Juanjo Olalla

Personal information
- Full name: Juan José Olalla Fernández
- Date of birth: 13 January 1980 (age 45)
- Place of birth: Madrid, Spain
- Height: 1.82 m (6 ft 0 in)
- Position(s): Defender

Youth career
- Real Madrid

Senior career*
- Years: Team / Apps / (Gls)
- 2000–2005: Real Madrid B / 99 / (0)
- 2003–2005: Real Madrid / 0 / (0)
- 2004–2005: → Lleida (loan) / 12 / (0)
- 2005–2006: Rayo Vallecano / 33 / (0)
- 2006–2007: Figueres / 17 / (1)
- 2007–2008: Castelldefels / 31 / (1)
- 2008–2009: Ibiza-Eivissa / 14 / (0)
- 2011–2012: Puerta Bonita
- 2012–2013: Carabanchel / 1+ / (0+)
- 2013–2014: Torrelodones
- 2015: Collado Villalba
- 2016–2017: Las Rozas
- 2017–2020: Aravaca / 55+ / (5+)
- 2020–2021: Collado Villalba

= Juanjo Olalla =

Spanish footballer

Juan José Olalla Fernández (born 13 January 1980) is a former Spanish professional footballer who played as a defender.

==Career==
Born in Madrid, Olalla finished his youth career with Real Madrid CF, making his senior debut in the 2000–01 season with the reserves in Segunda División B. On 6 November 2002, he made his main-squad and Copa del Rey debut, coming on as a substitute of Santiago Solari in a 4–0 away win against Real Oviedo.
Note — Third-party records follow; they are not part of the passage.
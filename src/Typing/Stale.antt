-- ===== src/Typing/Stale.antt =====
-- gateway/src/main.rs: how long a cached ticket is used.
use ilink_gateway.Prelude.{ℕ, ◌+◌, ◌≤◌, ◌≡◌, refl, none, some, [], ◌∷◌, arith, pos}
use ilink_gateway.Text.{Text}
use ilink_gateway.Map.{lookup}
use ilink_gateway.Typing.{TypingTicketCache, get, typing_request, stop_typing}

-- Ten minutes after its fetch a ticket is not read from the cache any more, yet a task that stops
-- the typing indicator still sends it.
pub stop_typing_expired :
    (now created : ℕ) (user_id ticket : Text) (c : TypingTicketCache)
    → lookup user_id c.tickets ≡ some (ticket, created)
    → created + 600 ≤ now
    → (get now user_id c ≡ none)
      × (stop_typing user_id c ≡ typing_request user_id ticket (pos 2) ∷ [])
unfolding get stop_typing
stop_typing_expired now created user_id ticket c h old =
    (rw (h, get) (ground arith), rw (h, stop_typing) refl)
He was choiced from Real Madrid B by Carlos Queiroz for main team 2003–04 Champions League campaign, but did not play a single match in this tournament. On 2004-05 season, Olalla was loaned to UE Lleida of the second division. Olalla made his Segunda División debut on 27 February 2005 as a starting central defender against Polideportivo Ejido.

Since the 2005-06 season Olalla played at a third level of Spanish football system and below. His last team was CU Collado Villalba, for which he played in the 2020-21 season.